Return each line of the records below in which the string "divide" turns up.

Data extracted from a collection
%%

-- ===== src/Rules/Eval.antt =====
-- Eval, EvalScoped and evalTree of internal/rules/expr.go. The state of the roller is passed on, so
-- that what was rolled is part of the outcome.
use vtt_platform.Prelude.{String, not, ◌||◌, Option, none, some, List, [], ◌∷◌, ◌==◌, if◌then◌else◌}
use vtt_platform.Prelude.Int.{ℤ, pos, ltb_ℤ, eq_ℤ, ◌+ℤ◌, ◌-ℤ◌}
use vtt_platform.Go.GoMap.{Map, get}
use vtt_platform.Rules.Int64.{wrap64, ◌*ℤ◌, floor_div}
use vtt_platform.Rules.Syntax.{
  Node, Args, int, dice, ref, bin_op, func, no_args, arg, Op, plus, minus, times, divide, Sigil, at,
  hash, Scope, scope_none, scope_caster, scope_target,
}
use vtt_platform.Rules.Lexer.{count_in_bounds, sides_in_bounds}

-- The Roller interface: the single results, their total, and the roller's next state.
abbrev pub Roller : Type 0 → Type 0
Roller Gen = ℤ → ℤ → Gen → List ℤ × ℤ × Gen

-- The errors of an evaluation; `index_panic` is the run-time panic of an index out of range.
pub data EvalError : Type 0 where
  scoped_reference bare_reference unknown_attribute unknown_resource : String → EvalError
  count_out_of_bounds sides_out_of_bounds : ℤ → EvalError
  no_roller division_by_zero : EvalError
  unknown_operator_or_function index_panic : EvalError

pub data Outcome {ℓ} (A : Type ℓ) : Type ℓ where
  value : A → Outcome A
  error : EvalError → Outcome A

abbrev pub Resolver : Type 0
Resolver = Sigil → Scope → String → Outcome ℤ

unfoldable pub binary : Op → ℤ → ℤ → Outcome ℤ
unfolding wrap64 ◌*ℤ◌ floor_div
binary plus l r = value (wrap64 (l +ℤ r))
binary minus l r = value (wrap64 (l -ℤ r))
binary times l r = value (wrap64 (l *ℤ r))
binary divide l r = if eq_ℤ r (pos 0) then error division_by_zero else value (floor_div l r)

unfoldable pub greatest : ℤ → List ℤ → ℤ
greatest m [] = m
greatest m (v ∷ vs) = greatest (if ltb_ℤ m v then v else m) vs

unfoldable pub least : ℤ → List ℤ → ℤ
least m [] = m
least m (v ∷ vs) = least (if ltb_ℤ v m then v else m) vs

-- The switch on the function's name, over its arguments' values.
unfoldable pub apply_func : String → List ℤ → Outcome ℤ
unfolding greatest least floor_div
apply_func name [] =
    if name == "floor" || name == "half" || name == "max" || name == "min"
    then error index_panic
    else error unknown_operator_or_function
apply_func name (v ∷ vs) =
    if name == "floor"
    then value v
    else if name == "half"
    then value (floor_div v (pos 2))
    else if name == "max"
    then value (greatest v vs)
    else if name == "min"
    then value (least v vs)
    else error unknown_operator_or_function

module _ {Gen : Type 0} where
  abbrev pub with_state {ℓ} : {A : Type ℓ} → Gen → Outcome A → Outcome A × Gen
  with_state g o = (o, g)

  -- if err != nil { return 0, err }, with the roller's state.
  abbrev pub and_then {ℓ κ} :
      {A : Type ℓ} {B : Type κ} → Outcome A × Gen → (A → Gen → Outcome B × Gen) → Outcome B × Gen
  and_then (value a, g) next = next a g
  and_then (error e, g) next = (error e, g)

  -- The dice case, past its two operands; `none` is a nil roller.
  unfoldable pub roll_dice : Option (Roller Gen) → ℤ → ℤ → Gen → Outcome ℤ × Gen
  roll_dice roller count sides g =
      if not (count_in_bounds count)
      then (error (count_out_of_bounds count), g)
      else if not (sides_in_bounds sides)
      then (error (sides_out_of_bounds sides), g)
      else elim roller [
        | none ↦ (error no_roller, g)
        | some roll ↦ (value (roll count sides g).1, (roll count sides g).2)
      ]

  module _ (resolve : Resolver) (roller : Option (Roller Gen)) where
    unfoldable mutual
      unfolding roll_dice binary apply_func

      pub eval_tree : Node → Gen → Outcome ℤ × Gen
      eval_tree (int n) g = (value n, g)
      eval_tree (ref s scope id) g = (resolve s scope id, g)
      eval_tree (dice c s) g =
          and_then (eval_tree c g)
            (λ count g₁. and_then (eval_tree s g₁) (λ sides g₂. roll_dice roller count sides g₂))
      eval_tree (bin_op o l r) g =
          and_then (eval_tree l g) (λ a g₁. and_then (eval_tree r g₁) (λ b g₂. (binary o a b, g₂)))
      eval_tree (func name xs) g = and_then (eval_args xs g) (λ vals g₁. (apply_func name vals, g₁))

      pub eval_args : Args → Gen → Outcome (List ℤ) × Gen
      eval_args no_args g = (value [], g)
      eval_args (arg x xs) g =
          and_then (eval_tree x g)
            (λ v g₁. and_then (eval_args xs g₁) (λ vals g₂. (value (v ∷ vals), g₂)))

-- The numbers of one actor.
pub record EvalContext : Type 0 where
  pub attrs : Map ℤ
  pub resources : Map ℤ

abbrev pub known : EvalError → Option ℤ → Outcome ℤ
known e none = error e
known e (some v) = value v

-- A reference looked up in one context.
unfoldable pub look_up : EvalContext → Sigil → String → Outcome ℤ
look_up ctx at id = known (unknown_attribute id) (get ctx.attrs id)
look_up ctx hash id = known (unknown_resource id) (get ctx.resources id)

-- The resolver of Eval.
unfoldable pub resolve_single : EvalContext → Resolver
unfolding look_up
resolve_single ctx s scope_none id = look_up ctx s id
resolve_single ctx s _ id = error (scoped_reference id)

-- The resolver of EvalScoped.
unfoldable pub resolve_scoped : EvalContext → EvalContext → Resolver
unfolding look_up
resolve_scoped caster target s scope_none id = error (bare_reference id)
resolve_scoped caster target s scope_caster id = look_up caster s id
resolve_scoped caster target s scope_target id = look_up target s id

module _ {Gen : Type 0} where
  unfoldable pub eval : Node → EvalContext → Option (Roller Gen) → Gen → Outcome ℤ × Gen
  unfolding resolve_single eval_tree
  eval n ctx roller g = eval_tree (resolve_single ctx) roller n g

  unfoldable pub eval_scoped :
      Node → EvalContext → EvalContext → Option (Roller Gen) → Gen → Outcome ℤ × Gen
  unfolding resolve_scoped eval_tree
  eval_scoped n caster target roller g = eval_tree (resolve_scoped caster target) roller n g
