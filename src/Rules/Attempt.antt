-- ===== src/Rules/Attempt.antt =====
-- What Resolve and its steps return: a value, or the error that ends the call.
use vtt_platform.Prelude.{Bool, true, false}
use vtt_platform.Rules.Eval.{EvalError}

-- One constructor for each message of resolve.go.
pub data ResolveError : Type 0 where
  unknown_ability unknown_caster no_targets too_many_targets : ResolveError
  duplicate_target unknown_target : ResolveError
  missing_attribute missing_defense : ResolveError
  no_usage_resource insufficient_resource : ResolveError
  no_caster_token no_target_token out_of_range : ResolveError
  no_such_resource outside_int32 : ResolveError
  evaluation : EvalError → ResolveError

pub data Attempt {ℓ} (A : Type ℓ) : Type ℓ where
  done : A → Attempt A
  failed : ResolveError → Attempt A

module _ {ℓ κ} {A : Type ℓ} {B : Type κ} where
  infixl 1 ◌>>=◌
  abbrev pub ◌>>=◌ : Attempt A → (A → Attempt B) → Attempt B
  done a >>= next = next a
  failed e >>= next = failed e

infixl 1 ◌>>◌
abbrev pub ◌>>◌ {ℓ} : {B : Type ℓ} → Attempt (Unit {0}) → Attempt B → Attempt B
m >> next = m >>= (λ _. next)

-- if bad { return nil, err }
abbrev pub refuse_if : Bool → ResolveError → Attempt (Unit {0})
refuse_if true e = failed e
refuse_if false e = done tt
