-- ===== src/Rules/Running.antt =====
-- resolveState of internal/rules/resolve.go: the values that a resolution has changed so far, over a
-- state that it does not touch.
use vtt_platform.Prelude.{
  String, Bool, ◌&&◌, Option, none, some, List, [], ◌∷◌, ◌++◌, ◌==◌, is_some, if◌then◌else◌,
}
use vtt_platform.Prelude.Int.{ℤ, pos, ltb_ℤ, ◌+ℤ◌}
use vtt_platform.Go.GoMap.{Map, empty, get, put}
use vtt_platform.Contract.Event.{Resource}
use vtt_platform.Engine.State.{State, or_empty, conditions_of}
use vtt_platform.Engine.Apply.Pools.{has_condition}
use vtt_platform.Rules.Int64.{wrap64}
use vtt_platform.Rules.Eval.{EvalContext}

pub record ResKey : Type 0 where
  pub actor : String
  pub resource : String

abbrev pub same_key : ResKey → ResKey → Bool
same_key a b = a.actor == b.actor && a.resource == b.resource

-- `running` holds the newest value of a key first.
pub record ResolveState : Type 0 where
  pub running : List (ResKey × ℤ)
  pub changed_order : List ResKey
  pub condition_overrides : Map (Map Bool)

abbrev pub start : ResolveState
start = record { running = []; changed_order = []; condition_overrides = empty }

unfoldable pub find_running : ResKey → List (ResKey × ℤ) → Option ℤ
find_running key [] = none
find_running key ((k, v) ∷ rest) = if same_key k key then some v else find_running key rest

-- st.Actors[actorID].GetResources()[name]
unfoldable pub resource_of : State → String → String → Option Resource
resource_of st actor_id name = elim (get st.actors actor_id) [
  | none ↦ none
  | some actor ↦ get actor.resources name
]

abbrev pub current_of : Option Resource → ℤ
current_of none = pos 0
current_of (some res) = res.current

abbrev pub max_of : Option Resource → ℤ
max_of none = pos 0
max_of (some res) = res.max

abbrev pub or_value : Option ℤ → ℤ → ℤ
or_value none v = v
or_value (some w) v = w

-- The clamp: not below 0, and not above a positive maximum.
unfoldable pub clamp : ℤ → ℤ → ℤ
clamp upper value =
    let floored = if ltb_ℤ value (pos 0) then pos 0 else value in
    if ltb_ℤ (pos 0) upper && ltb_ℤ upper floored then upper else floored

module _ (st : State) where
  unfoldable pub current_resource : ResolveState → String → String → ℤ
  unfolding find_running resource_of
  current_resource r actor_id name =
      or_value (find_running (record { actor = actor_id; resource = name }) r.running)
        (current_of (resource_of st actor_id name))

  unfoldable pub apply_delta : ResolveState → String → String → ℤ → ℤ × ResolveState
  unfolding current_resource clamp resource_of find_running wrap64
  apply_delta r actor_id name delta =
      let key : ResKey = record { actor = actor_id; resource = name } in
      let value =
        clamp (max_of (resource_of st actor_id name))
          (wrap64 (current_resource r actor_id name +ℤ delta)) in
      (
        value,
        record r {
          running = (key, value) ∷ r.running;
          changed_order =
              if is_some (find_running key r.running)
              then r.changed_order
              else r.changed_order ++ key ∷ [];
        },
      )

  unfoldable pub attributes_of : String → Map ℤ
  attributes_of actor_id = elim (get st.actors actor_id) [
    | none ↦ empty
    | some actor ↦ actor.attributes
  ]

  unfoldable pub current_values :
      ResolveState → String → List (String × Resource) → List (String × ℤ)
  unfolding current_resource
  current_values r actor_id [] = []
  current_values r actor_id ((name, res) ∷ rest) =
      (name, current_resource r actor_id name) ∷ current_values r actor_id rest

  unfoldable pub resources_of : ResolveState → String → Map ℤ
  unfolding current_values
  resources_of r actor_id = elim (get st.actors actor_id) [
    | none ↦ empty
    | some actor ↦ record { entries = current_values r actor_id actor.resources.entries }
  ]

  unfoldable pub context_of : ResolveState → String → EvalContext
  unfolding attributes_of resources_of
  context_of r actor_id = record {
    attrs = attributes_of actor_id;
    resources = resources_of r actor_id;
  }

  abbrev pub or_present : Option Bool → Bool → Bool
  or_present none b = b
  or_present (some c) b = c

  unfoldable pub holds_condition : ResolveState → String → String → Bool
  unfolding conditions_of has_condition
  holds_condition r actor_id id =
      or_present (get (or_empty (get r.condition_overrides actor_id)) id)
        (has_condition id (conditions_of st actor_id))

unfoldable pub set_condition : ResolveState → String → String → Bool → ResolveState
set_condition r actor_id id present = record r {
  condition_overrides =
      put r.condition_overrides actor_id
        (put (or_empty (get r.condition_overrides actor_id)) id present);
}
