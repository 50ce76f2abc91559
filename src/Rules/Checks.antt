-- ===== src/Rules/Checks.antt =====
-- The checks of Resolve, in the order of internal/rules/resolve.go.
use vtt_platform.Prelude.{
  String, Bool, true, false, ◌||◌, ◌&&◌, not, Option, none, some, List, [], ◌∷◌, ◌==◌, is_some,
  if◌then◌else◌, contains, length,
}
use vtt_platform.Prelude.Int.{ℤ, pos, ltb_ℤ, ◌-ℤ◌}
use vtt_platform.Go.GoMap.{get}
use vtt_platform.Go.Sort.{sort_by}
use vtt_platform.Contract.Command.{UseAbility}
use vtt_platform.Engine.State.{State, Token}
use vtt_platform.Rules.Syntax.{ScopedRef, Sigil, at, Scope, scope_caster, scope_target, scoped_refs}
use vtt_platform.Rules.Ruleset.{CompiledPower, CompiledResolution, LimitedUsage}
use vtt_platform.Rules.Attempt.{
  Attempt, done, failed, ◌>>=◌, ◌>>◌, refuse_if, unknown_caster, no_targets, too_many_targets,
  duplicate_target, unknown_target, missing_attribute, missing_defense, no_usage_resource,
  insufficient_resource, no_caster_token, no_target_token, out_of_range,
}
use vtt_platform.Rules.Running.{attributes_of, resource_of}

-- The ids of an actor's tokens, in one scene or, for "", in any.
unfoldable pub token_ids : String → String → List (String × Token) → List String
token_ids actor_id scene_id [] = []
token_ids actor_id scene_id ((id, tok) ∷ rest) =
    let more = token_ids actor_id scene_id rest in
    if not (tok.actor_id == actor_id) || (not (scene_id == "") && not (tok.scene_id == scene_id))
    then more
    else id ∷ more

abbrev first_of : List String → Option String
first_of [] = none
first_of (id ∷ rest) = some id

-- The token of the lowest id.
unfoldable pub find_token : State → String → String → Option Token
unfolding token_ids sort_by
find_token st actor_id scene_id =
    elim (first_of (sort_by (λ id. id) (token_ids actor_id scene_id st.tokens.entries))) [
      | none ↦ none
      | some id ↦ get st.tokens id
    ]

-- The coordinates are int32s, so that their difference does not overflow an int.
abbrev distance : ℤ → ℤ → ℤ
distance a b = let d = a -ℤ b in if ltb_ℤ d (pos 0) then pos 0 -ℤ d else d

unfoldable pub chebyshev_distance : Token → Token → ℤ
chebyshev_distance a b =
    let dx = distance a.x b.x in let dy = distance a.y b.y in if ltb_ℤ dy dx then dx else dy

unfoldable pub check_targets : State → List String → List String → Attempt (Unit {0})
check_targets st seen [] = done tt
check_targets st seen (id ∷ rest) =
    refuse_if (contains seen id) duplicate_target
    >> (refuse_if (not (is_some (get st.actors id))) unknown_target
        >> check_targets st (id ∷ seen) rest)

-- Every target carries an attribute.
unfoldable pub check_defense : State → String → List String → Attempt (Unit {0})
unfolding attributes_of
check_defense st name [] = done tt
check_defense st name (id ∷ rest) =
    refuse_if (not (is_some (get (attributes_of st id) name))) missing_defense
    >> check_defense st name rest

module _ (st : State) (caster_id : String) (target_ids : List String) where
  unfoldable pub check_ref : Sigil → Scope → String → Attempt (Unit {0})
  unfolding check_defense attributes_of
  check_ref at scope_caster name =
      refuse_if (not (is_some (get (attributes_of st caster_id) name))) missing_attribute
  check_ref at scope_target name = check_defense st name target_ids
  check_ref _ _ name = done tt

  unfoldable pub check_refs : List ScopedRef → Attempt (Unit {0})
  unfolding check_ref
  check_refs [] = done tt
  check_refs (ref ∷ rest) = check_ref ref.sigil ref.scope ref.name >> check_refs rest

  unfoldable pub check_resolution : Option CompiledResolution → Attempt (Unit {0})
  unfolding check_refs scoped_refs
  check_resolution none = done tt
  check_resolution (some res) = check_refs (scoped_refs res.roll) >> check_refs (scoped_refs res.vs)

  unfoldable pub check_usage : Option LimitedUsage → Attempt (Unit {0})
  unfolding resource_of
  check_usage none = done tt
  check_usage (some usage) = elim (resource_of st caster_id usage.resource) [
    | none ↦ failed no_usage_resource
    | some res ↦ refuse_if (ltb_ℤ res.current usage.cost) insufficient_resource
  ]

unfoldable pub check_range : State → ℤ → Token → List String → Attempt (Unit {0})
unfolding find_token chebyshev_distance
check_range st range caster_token [] = done tt
check_range st range caster_token (id ∷ rest) = elim (find_token st id caster_token.scene_id) [
  | none ↦ failed no_target_token
  | some tok ↦
      refuse_if (ltb_ℤ range (chebyshev_distance caster_token tok)) out_of_range
      >> check_range st range caster_token rest
]

abbrev pub no_targets_in : List String → Bool
no_targets_in [] = true
no_targets_in (id ∷ rest) = false

-- The checks of Resolve, in order.
unfoldable pub check_command : State → CompiledPower → UseAbility → Attempt (Unit {0})
unfolding check_targets check_resolution check_usage check_range find_token
check_command st power cmd =
    refuse_if (not (is_some (get st.actors cmd.actor_id))) unknown_caster >> do
      a ← refuse_if (no_targets_in cmd.target_ids) no_targets
      b ←
          refuse_if (ltb_ℤ power.targeting.max_targets (pos (length cmd.target_ids)))
            too_many_targets
      c ← check_targets st [] cmd.target_ids
      d ← check_resolution st cmd.actor_id cmd.target_ids power.resolution
      e ← check_usage st cmd.actor_id cmd.target_ids power.limited
      elim (find_token st cmd.actor_id "") [
        | none ↦ failed no_caster_token
        | some token ↦ check_range st power.targeting.range token cmd.target_ids
      ]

%%

### ANSWER AREA
  Node, Args, int, dice, ref, bin_op, func, no_args, arg, Op, plus, minus, times, divide, Sigil, at,
binary divide l r = if eq_ℤ r (pos 0) then error division_by_zero else value (floor_div l r)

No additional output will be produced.